Claque corrupta

Claque corrupta

“La República del Paraguay es para siempre libre e independiente. Se constituye en Estado social de derecho, unitario, indivisible, y descentralizado en la forma que se establecen esta Constitución y las leyes.”, reza en su primer artículo nuestra Constitución Nacional. Es precisamente ese concepto de República lo que nuestra sociedad y sobre todo nuestros gobernantes, no logran comprender.
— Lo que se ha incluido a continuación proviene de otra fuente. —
-- ===== src/SaveManager/Clones.antt =====
-- Which files a clone of a save touches.
use asm_os.Prelude.{
  ℕ, ◌≡◌, refl, sym, ap, ◌∙◌, arith, List, [], ◌∷◌, ◌+◌, Option-cases, inl, inr, none, some, true,
  false, Option,
}
use asm_os.Prelude.Words.{u8}
use asm_os.Storage.{Device, Fs, fat_normalize, plat_fs_read, plat_fs_write}
use asm_os.Storage.Names.{
  fat_normalize-base_lost, plat_fs_read-fat_normalize, plat_fs_write-fat_normalize,
  plat_fs_read_keeps,
}
use asm_os.SaveManager.{Saves, backup_bytes, slot_name, save_manager_clone}

abbrev tail : List ℕ
tail = b'.' ∷ b'S' ∷ b'A' ∷ b'V' ∷ []

same_file : (a b : ℕ) → fat_normalize (slot_name a) ≡ fat_normalize (slot_name b)
unfolding slot_name
same_file a b =
    let base = fat_normalize-base_lost b'S' b'L' b'O' in
    base (b'T' ∷ u8 (b'0' + a) ∷ tail) (omega arith)
    ∙ sym (base (b'T' ∷ u8 (b'0' + b) ∷ tail) (omega arith))

module _ (D : Device) (dest src : ℕ) (s : Saves) (fs : Fs D) where
  source : Option (List ℕ) × Fs D
  source = plat_fs_read D (slot_name src) backup_bytes fs

  clone_missing : source.0 ≡ none → save_manager_clone D dest src s fs ≡ (false, s, source.1)
  unfolding save_manager_clone source
  clone_missing e = rw (save_manager_clone, e) refl

  clone_found :
      (bytes : List ℕ)
      → source.0 ≡ some bytes
      → let w = plat_fs_write D (slot_name dest) bytes source.1 in
        save_manager_clone D dest src s fs ≡ (w.0, s, w.1)
  unfolding save_manager_clone source
  clone_found bytes e = rw (save_manager_clone, e) refl

-- All slots are one file: on a loaded file system a clone does the same, and leaves the same disk,
-- whichever slots it is asked to copy from and to.
pub save_manager_clone-slots :
    (D : Device) (dest src dest' src' : ℕ) (s : Saves) (fs : Fs D)
    → fs.ready ≡ true
    → save_manager_clone D dest src s fs ≡ save_manager_clone D dest' src' s fs
unfolding source
save_manager_clone-slots D dest src dest' src' s fs ready =
    let read =
      plat_fs_read-fat_normalize D (slot_name src) (slot_name src') (same_file src src') fs ready
        backup_bytes in
    let r = plat_fs_read D (slot_name src') backup_bytes fs in
    let kept = plat_fs_read_keeps D (slot_name src') backup_bytes fs ready in
    elim (Option-cases r.0) [
      | inl missing ↦
          clone_missing D dest src s fs (ap (λ p. p.0) read ∙ missing)
          ∙ ap (λ p. (false, s, p.1)) read
          ∙ sym (clone_missing D dest' src' s fs missing)
      | inr found ↦
          let write =
            plat_fs_write-fat_normalize D (slot_name dest) (slot_name dest') (same_file dest dest')
              fs ready found.0 in
          clone_found D dest src s fs found.0 (ap (λ p. p.0) read ∙ found.1)
          ∙ rw (read, kept, write) refl
          ∙ sym (clone_found D dest' src' s fs found.0 found.1)
    ]
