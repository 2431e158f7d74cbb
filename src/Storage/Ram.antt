-- ===== src/Storage/Ram.antt =====
-- A disk in memory.
use asm_os.Prelude.{ℕ, ◌≡◌, sym, ap, ◌∙◌, ◌≢◌, some, List, arith, ◌==◌, if◌then◌else◌, length}
use asm_os.Storage.{Device}

unfoldable pub ram_write : ℕ → List ℕ → (ℕ → List ℕ) → ℕ → List ℕ
ram_write lba sector d k = if k == lba then sector else d k

ram_write_other :
    (lba other : ℕ) (sector : List ℕ) (d : ℕ → List ℕ)
    → lba ≢ other
    → ram_write lba sector d other ≡ d other
unfolding ram_write
ram_write_other lba other sector d h = ground arith

ram_write_same : (lba : ℕ) (sector : List ℕ) (d : ℕ → List ℕ) → ram_write lba sector d lba ≡ sector
unfolding ram_write
ram_write_same lba sector d = ground arith

pub ram_read_self :
    (lba : ℕ) (sector : List ℕ) (d d' : ℕ → List ℕ)
    → length sector ≡ 512
    → some (ram_write lba sector d) ≡ some d'
    → some (d' lba) ≡ some sector
ram_read_self lba sector d d' n e =
    let same : ram_write lba sector d ≡ d' = ground arith in
    ap (λ f. some (f lba)) (sym same) ∙ ap some (ram_write_same lba sector d)

pub ram_read_ne :
    (lba other : ℕ) (sector : List ℕ) (d d' : ℕ → List ℕ)
    → lba ≢ other
    → some (ram_write lba sector d) ≡ some d'
    → some (d' other) ≡ some (d other)
ram_read_ne lba other sector d d' n e =
    let same : ram_write lba sector d ≡ d' = ground arith in
    ap (λ f. some (f other)) (sym same) ∙ ap some (ram_write_other lba other sector d n)

abbrev pub ram : Device
ram = record {
  Disk = ℕ → List ℕ;
  read_sector = λ lba d. some (d lba);
  write_sector = λ lba sector d. some (ram_write lba sector d);
  read-write_self = ram_read_self;
  read-write_ne = ram_read_ne;
}
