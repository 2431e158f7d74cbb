-- ===== src/SaveManager/Tests.antt =====
-- A clone of a save on a disk in memory, and the theorem there.
use asm_os.Prelude.{◌≡◌, refl, true, false, [], ◌∷◌, ◌++◌, replicate}
use asm_os.Prelude.CString.{codes}
use asm_os.Storage.{Fs}
use asm_os.Storage.Ram.{ram}
use asm_os.SaveManager.{Saves, save_manager_clone, save_manager_rollback}
use asm_os.SaveManager.Clones.{save_manager_clone-slots}

-- A disk with a file of three bytes.
abbrev one_save : Fs ram
one_save = record {
  ready = true;
  fat = replicate 3 0 ++ (0xFF ∷ 0x0F ∷ []);
  root =
      (codes "        SLO" ++ replicate 15 0 ++ (2 ∷ 0 ∷ 3 ∷ 0 ∷ 0 ∷ 0 ∷ [])) ∷ replicate 32 0 ∷ [];
  disk = λ k. replicate 512 7;
}

abbrev no_backup : Saves
no_backup = record { backup_name = []; backup_size = 0; backup_version = 0 }

nothing_to_roll_back : save_manager_rollback ram 1 no_backup one_save ≡ (false, no_backup, one_save)
unfolding save_manager_rollback
nothing_to_roll_back = refl

save_manager_clone-slots_example :
    save_manager_clone ram 2 1 no_backup one_save ≡ save_manager_clone ram 9 3 no_backup one_save
save_manager_clone-slots_example = save_manager_clone-slots ram 2 1 9 3 no_backup one_save refl
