-- ===== src/Scheduler.antt =====
-- scheduler.c: the table of tasks and whose turn it is, on x86. The context switch is assembly: the
-- stack pointers that it saves and loads are numbers.
pub mod Turns
mod Tests
use asm_os.Prelude.{
  ℕ, ◌+◌, ◌-◌, ◌%◌, Option, none, some, List, [], ◌∷◌, ◌++◌, ltb, ◌==◌, if◌then◌else◌, length,
  get_or, set,
}

abbrev pub max_tasks : ℕ
max_tasks = 8

-- A task: its function, and the stack pointer to continue at.
pub record Task : Type 0 where
  pub func : ℕ
  pub esp : ℕ

-- `task_list` holds the first `task_count` tasks; no current task stands for -1.
pub record Scheduler : Type 0 where
  pub task_list : List Task
  pub current_task : Option ℕ

-- `stack` is what `malloc(1024)` returns.
pub add_task : ℕ → Option ℕ → Scheduler → Scheduler
add_task func none s = s
add_task func (some stack) s =
    if ltb (length s.task_list) max_tasks
    then record s {
      task_list = s.task_list ++ (record { func = func; esp = stack + 1024 - 36 } ∷ []);
    }
    else s

-- The current task, where none counts as the first one.
pub current_or_first : Option ℕ → ℕ
current_or_first none = 0
current_or_first (some i) = i

-- `task_yield` on x86. `esp` is the stack pointer that `task_yield_asm` saves; the result is the one
-- that it loads.
pub task_yield : ℕ → Scheduler → Option ℕ × Scheduler
unfolding current_or_first
task_yield esp s =
    let count = length s.task_list in
    let this = current_or_first s.current_task in
    let next = (this + 1) % count in
    let idle : Task = record { func = 0; esp = 0 } in
    if count == 0 then (none, s) else (
      some (get_or s.task_list next idle).esp,
      record s {
        task_list = set s.task_list this (record (get_or s.task_list this idle) { esp = esp });
        current_task = some next;
      },
    )

-- The tasks that run after the current one, in `n` yields that save `esps`.
pub yields : List ℕ → Scheduler → Scheduler
unfolding task_yield
yields [] s = s
yields (esp ∷ esps) s = yields esps (task_yield esp s).1
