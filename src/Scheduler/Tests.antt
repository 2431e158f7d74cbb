-- ===== src/Scheduler/Tests.antt =====
-- Runs of scheduler.c at concrete tasks.
use asm_os.Prelude.{◌≡◌, refl, some, [], ◌∷◌, ◌++◌}
use asm_os.Scheduler.{Scheduler, add_task, current_or_first, task_yield, yields}

abbrev two_tasks : Scheduler
two_tasks = record {
  task_list = record { func = 100; esp = 1000 } ∷ record { func = 200; esp = 2000 } ∷ [];
  current_task = some 1;
}

-- The second yield continues the first task at the stack pointer that it saved.
resumed : (task_yield 9 (yields (7 ∷ 8 ∷ []) two_tasks)).0 ≡ some 8
unfolding task_yield yields current_or_first
resumed = refl

added :
    (add_task 300 (some 4096) two_tasks).task_list
    ≡ two_tasks.task_list ++ (record { func = 300; esp = 5084 } ∷ [])
unfolding add_task
added = refl
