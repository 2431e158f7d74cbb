-- ===== src/Scheduler/Turns.antt =====
-- The order in which the tasks of scheduler.c run.
use asm_os.Prelude.{
  ℕ, suc, ◌+◌, ◌%◌, ◌<◌, ◌≡◌, refl, sym, ap, ◌∙◌, inl, inr, false, some, List, [], ◌∷◌, arith, ◌==◌,
  Bool-cases, length, length-set,
}
use native.Mathlib.Nat.{mod-lt, mod-eq_of_lt, mod-add-mod}
use asm_os.Scheduler.{Scheduler, current_or_first, task_yield, yields}

length-yield :
    (esp : ℕ) (s : Scheduler) → length (task_yield esp s).1.task_list ≡ length s.task_list
unfolding task_yield
length-yield esp s = elim (Bool-cases (length s.task_list == 0)) [
  | inl y ↦ rw y refl
  | inr n ↦ rw n (length-set s.task_list (current_or_first s.current_task) _)
]

yielded_lem :
    (esp i : ℕ) (s : Scheduler)
    → 0 < length s.task_list
    → s.current_task ≡ some i
    → (task_yield esp s).1.current_task ≡ some ((i + 1) % length s.task_list)
unfolding task_yield current_or_first
yielded_lem esp i s h c =
    let some_task : length s.task_list == 0 ≡ false = ground arith in rw (some_task, c) refl

-- The tasks run in turn: after as many yields as there are entries of `esps`, the current task is
-- that many places further in the list, from its start again behind its end.
pub yields-round_robin :
    (esps : List ℕ) (i : ℕ) (s : Scheduler)
    → i < length s.task_list
    → s.current_task ≡ some i
    → (yields esps s).current_task ≡ some ((i + length esps) % length s.task_list)
unfolding yields
yields-round_robin [] i s h c =
    let here : i + 0 ≡ i = omega arith in
    c ∙ ap some (sym (ap (λ n. n % length s.task_list) here ∙ mod-eq_of_lt h))
yields-round_robin (esp ∷ esps) i s h c =
    let count = length s.task_list in
    let next = (i + 1) % count in
    let same = length-yield esp s in
    let further : i + 1 + length esps ≡ i + suc (length esps) = omega arith in
    let bound : next < count = mod-lt (i + 1) (omega (arith, h)) in
    yields-round_robin esps next (task_yield esp s).1 (rw same bound)
      (yielded_lem esp i s (omega (arith, h)) c)
    ∙ ap (λ n. some ((next + length esps) % n)) same
    ∙ ap some (mod-add-mod (i + 1) count (length esps) ∙ ap (λ n. n % count) further)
El concepto República viene del latín res-pública, ‘cosa pública’, ‘lo público’.
La definición de República señala que “es un sistema político que se fundamenta en el imperio de la ley (constitución) y la igualdad ante la ley (al igual que otros regímenes basados en el Estado de derecho) como la forma de frenar los posibles abusos de las personas que tienen mayor poder, del gobierno y de las mayorías, con el objeto de proteger los derechos fundamentales y las libertades civiles de los ciudadanos, de los que no puede sustraerse nunca un gobierno legítimo”.
Sin embargo, el ejercicio del poder político, está muy lejos de lo que es una República. Los caciques que son electos por los ciudadanos para representarlos, lo primero que hacen es adueñarse de la cosa pública, convertirla en su propiedad particular, y botín de guerra para repartir luego entre familiares, amigos y correligionarios. La misma sociedad alienta esta práctica y ve como normal, los privilegios que se autoadjudican los poderosos, en detrimento de la mayoría de la población.
Valga como ejemplo el caso de la denuncia de los pobladores de Hernandarias, donde el intendente, unos cuantos concejales y funcionarios privilegiados, aprovecharon el poder que tienen, para disponer que obras de pavimentación que debían beneficiar a otros barrios, sean llevados hacia otros sectores, de tal forma que el pavimento beneficie a sus respectivas viviendas.
Parece hasta chistoso, pero es la triste realidad. En este caso es desviar unas obras, en otros casos son adjudicaciones multimillonarias, para negociados, con obras inservibles, mal hechas y sobrefacturadas. Y así comienzan, como concejales, luego se convierten en intendentes, gobernadores, diputados, senadores y van ascendiendo en la escala de la corrupción, del enriquecimiento ilícito, utilizando su posición de privilegio, que la sociedad le confirió para representarlo para mejorar su posición social y económica. Y así vamos manteniendo a una pequeña claque de zánganos que pudren nuestra sociedad, pero que en sucesivas elecciones siguen escalando porque la gente les sigue votando. Es así que vamos destruyendo la misma esencia de la democracia representativa y la República.